Zum einen sagt § 53, Absatz 1 des Urheberrechtsgesetzes (UrhG):

“Zulässig sind einzelne Vervielfältigungen eines Werkes durch eine natürliche Person zum privaten Gebrauch auf beliebigen Trägern, sofern sie weder unmittelbar noch mittelbar Erwerbszwecken dienen, soweit nicht zur Vervielfältigung eine offensichtlich rechtswidrig hergestellte oder öffentlich zugänglich gemachte Vorlage verwendet wird.” (Hervorhebungen durch mich)

Zusatzlich heißt es in Absatz 2, Satz 1:

“Zulässig ist, einzelne Vervielfältigungsstücke eines Werkes herzustellen oder herstellen zu lassen [...] zum eigenen wissenschaftlichen Gebrauch, wenn und soweit die Vervielfältigung zu diesem Zweck geboten ist und sie keinen gewerblichen Zwecken dient.” (Hervorhebungen durch mich)

Hinzu kommt, dass jeder von uns bereits beim Kauf eines Aufzeichnungsgerätes oder Speichermediums eine Gerätevergütung zahlt, die aus pragmatischen Gründen zwar vom Hersteller erhoben, von diesem aber meistens auf sein Produkt umgelegt wird. Z.B. zahlt man bei jeder DVD 0,0870 €, bei jedem MP3-Player 1,28 € und bei Kopierern und Scannern zwischen 8,18-613,56 €. Eine Auflistung und weitere Infos findet sich bei der VG Wort. Mit der einmaligen Zahlung dieser Geräteabgabe erhält der Käufer für die Lebensdauer des Gerätes das Recht zur Vervielfältigung von Teilen von Texten und Büchern zum privaten Gebrauch. Problematisch und in den meisten Fällen illegal sind hingegen die vollständige Vervielfältigung solcher Vorlagen sowie deren Veröffentlichung oder Weitergabe an Dritte.

Gibt es jetzt eigentlich einen Unterschied zwischen meiner Digicam und dem Kopierer in meiner Bib? Oh ja, und zwar einen entscheidenden: Für meine Digicam habe ich nur die Gerätevergütung bezahlt und darf sie im privaten Rahmen nach §53 UrhG nutzen. Die Uni hingegen will ihre Geräte anderen zur Verfügung stellen. Daher muss sie nicht nur die Gerätevergütung zahlen, sondern auch einen kleinen Betrag für jede Kopie, die von einem urheberrechtsgeschützten Werk gemacht wird. Normalerweise ist das pauschal geregelt und wird auf die Kopiekosten umgelegt.

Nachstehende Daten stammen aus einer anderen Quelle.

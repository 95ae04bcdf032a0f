-- ===== src/Authenticator/Verdict.antt =====
-- `PamAuthenticator::authenticate` of src/authenticator.cpp: whom it lets through, and when it mints a
-- ticket.
use voix.Base.{
  ℕ, ◌≡◌, refl, ap, ◌∙◌, Bool, not, ◌&&◌, ◌||◌, Option, none, some, Text, codes, arith, ◌==◌,
  nat_eq, list_eq, if◌then◌else◌,
}
use voix.Rule.{Rule}
use voix.Identity.{Accounts, PasswdEntry, get_current_username}
use voix.Tickets.{PrivateFiles, k_persist_ttl, valid, record_ticket}
use voix.Authenticator.{
  Pam, AuthState, select_credential_mode, validate_target_account, authenticate_by, mode_for,
  authenticate, options_of, check_target, refuse, finish, CredentialMode, is_rejected, needs_prompt,
}

module _ {S : Type 0} (files : PrivateFiles S) (accounts : Accounts) (pam : Pam) (dir : Text)
    (now : ℕ) (non_interactive : Bool) (rule : Option Rule) where
  -- A ticket of the persist option that is valid for this target.
  abbrev pub has_ticket : PasswdEntry → AuthState S → Bool
  has_ticket entry a =
      (options_of rule).persist
      && valid files a.tickets dir now k_persist_ttl accounts.getuid entry.uid

  -- The caller needs no credentials: a rule with nopass, or root.
  abbrev pub is_trusted : Bool
  is_trusted = (options_of rule).nopass || get_current_username accounts == codes "root"

  abbrev mode_for_entry : PasswdEntry → AuthState S → CredentialMode
  mode_for_entry entry a =
      mode_for files accounts pam dir now non_interactive (options_of rule) entry.uid a.tickets

  authenticate_entry :
      (target_user : Text) (entry : PasswdEntry) (a : AuthState S)
      → accounts.passwd_by_name target_user ≡ some entry
      → authenticate files accounts pam dir now non_interactive rule target_user a
        ≡ authenticate_by files accounts pam dir now
            (mode_for_entry entry a)
            (options_of rule).persist
            entry.uid
            (get_current_username accounts)
            (record a { last_error = none })
  unfolding authenticate
  authenticate_entry target_user entry a e = rw (e, authenticate) refl

  by_mode :
      (mode : CredentialMode) (persist : Bool) (uid : ℕ) (user : Text) (a : AuthState S)
      → (authenticate_by files accounts pam dir now mode persist uid user a).0
        ≡ not (is_rejected mode)
          && (pam.start
              && ((not (needs_prompt mode) || pam.authenticate)
                  && (pam.acct_mgmt && (pam.target_start && pam.target_acct_mgmt))))
  unfolding authenticate_by check_target refuse finish validate_target_account
  by_mode mode persist uid user a = ground arith

  by_flags :
      (nopass root persist ticket : Bool) (pam' : Pam)
      → (let mode =
            select_credential_mode nopass root persist (persist && ticket) non_interactive in
          not (is_rejected mode)
          && (pam'.start
              && ((not (needs_prompt mode) || pam'.authenticate)
                  && (pam'.acct_mgmt && (pam'.target_start && pam'.target_acct_mgmt)))))
        ≡ (pam'.start && (pam'.acct_mgmt && (pam'.target_start && pam'.target_acct_mgmt)))
          && ((nopass || root)
              || ((persist && ticket) || (not non_interactive && pam'.authenticate)))
  unfolding select_credential_mode
  by_flags nopass root persist ticket pam' = ground arith

  flags_of_mint :
      (nopass root persist ticket : Bool) (pam' : Pam)
      → persist
          && (needs_prompt
                (select_credential_mode nopass root persist (persist && ticket) non_interactive)
              && pam'.authenticate)
        ≡ persist
          && (not (nopass || root)
              && (not (persist && ticket) && (not non_interactive && pam'.authenticate)))
  unfolding select_credential_mode
  flags_of_mint nopass root persist ticket pam' = ground arith

  -- For a target that exists, authentication succeeds exactly if PAM starts for the caller and finds
  -- the caller's and the target's accounts usable, and the caller is trusted, holds a valid ticket of
  -- the persist option, or may be prompted and passes PAM's authentication.
  pub authenticate-verdict :
      (target_user : Text) (entry : PasswdEntry) (a : AuthState S)
      → accounts.passwd_by_name target_user ≡ some entry
      → (authenticate files accounts pam dir now non_interactive rule target_user a).0
        ≡ (pam.start && (pam.acct_mgmt && (pam.target_start && pam.target_acct_mgmt)))
          && (is_trusted || (has_ticket entry a || (not non_interactive && pam.authenticate)))
  authenticate-verdict target_user entry a e =
      rw (authenticate_entry target_user entry a e)
        (by_mode _ _ _ _ _ ∙ by_flags (options_of rule).nopass _ (options_of rule).persist _ pam)

  tickets_by_mode :
      (mode : CredentialMode) (persist : Bool) (uid : ℕ) (user : Text) (a : AuthState S)
      → let after = authenticate_by files accounts pam dir now mode persist uid user a in
        after.1.tickets ≡ (
          if after.0 && (persist && (needs_prompt mode && pam.authenticate))
          then (record_ticket files dir now accounts.getuid uid a.tickets).1
          else a.tickets)
  unfolding authenticate_by check_target refuse finish validate_target_account
  tickets_by_mode mode persist uid user a = ground arith

  -- For a target that exists, authentication records a ticket for the caller and the target exactly if
  -- it succeeds, the rule has persist, and the credentials were verified just now: the caller is not
  -- trusted, holds no valid ticket, may be prompted and passes PAM's authentication. Otherwise it
  -- leaves the tickets as they are.
  pub authenticate-tickets :
      (target_user : Text) (entry : PasswdEntry) (a : AuthState S)
      → accounts.passwd_by_name target_user ≡ some entry
      → let after = authenticate files accounts pam dir now non_interactive rule target_user a in
        after.1.tickets ≡ (
          if after.0
            && ((options_of rule).persist
                && (not is_trusted
                    && (not (has_ticket entry a) && (not non_interactive && pam.authenticate))))
          then (record_ticket files dir now accounts.getuid entry.uid a.tickets).1
          else a.tickets)
  authenticate-tickets target_user entry a e = rw (authenticate_entry target_user entry a e) (
      tickets_by_mode _ _ _ _ _
      ∙ ap
          (λ mint.
            if (authenticate_by files accounts pam dir now (mode_for_entry entry a)
                (options_of rule).persist entry.uid (get_current_username accounts)
                (record a { last_error = none })).0
              && mint
            then (record_ticket files dir now accounts.getuid entry.uid a.tickets).1
            else a.tickets)
          (flags_of_mint (options_of rule).nopass _ (options_of rule).persist _ pam))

In den 6 Cent (sind es bei uns in Würzburg), die man pro Kopie zahlt, ist also auch diese laufende Vergütung enthalten.

Zum Abschluß muss ich alle Leser darauf hinweisen, dass alle hier gegebenen Rechtsauskünfte ohne Gewähr sind. Ich bin kein Rechtsberater, sondern gebe nur mein Laien-Wissen weiter. Gute Auskunft erhält man z.B. bei der VG Wort. Ich bitte aber auch jeden, der sich mit der Materie auskennt und bei mir einen Fehler entdeckt hat oder noch etwas dazu beitragen kann einen Kommentar zu diesem Post zu schreiben. Auf die VG Wort gebracht hat mich übrigens mein Kollege Michael Will, dem ich an dieser Stelle dafür ganz herzlich Danke!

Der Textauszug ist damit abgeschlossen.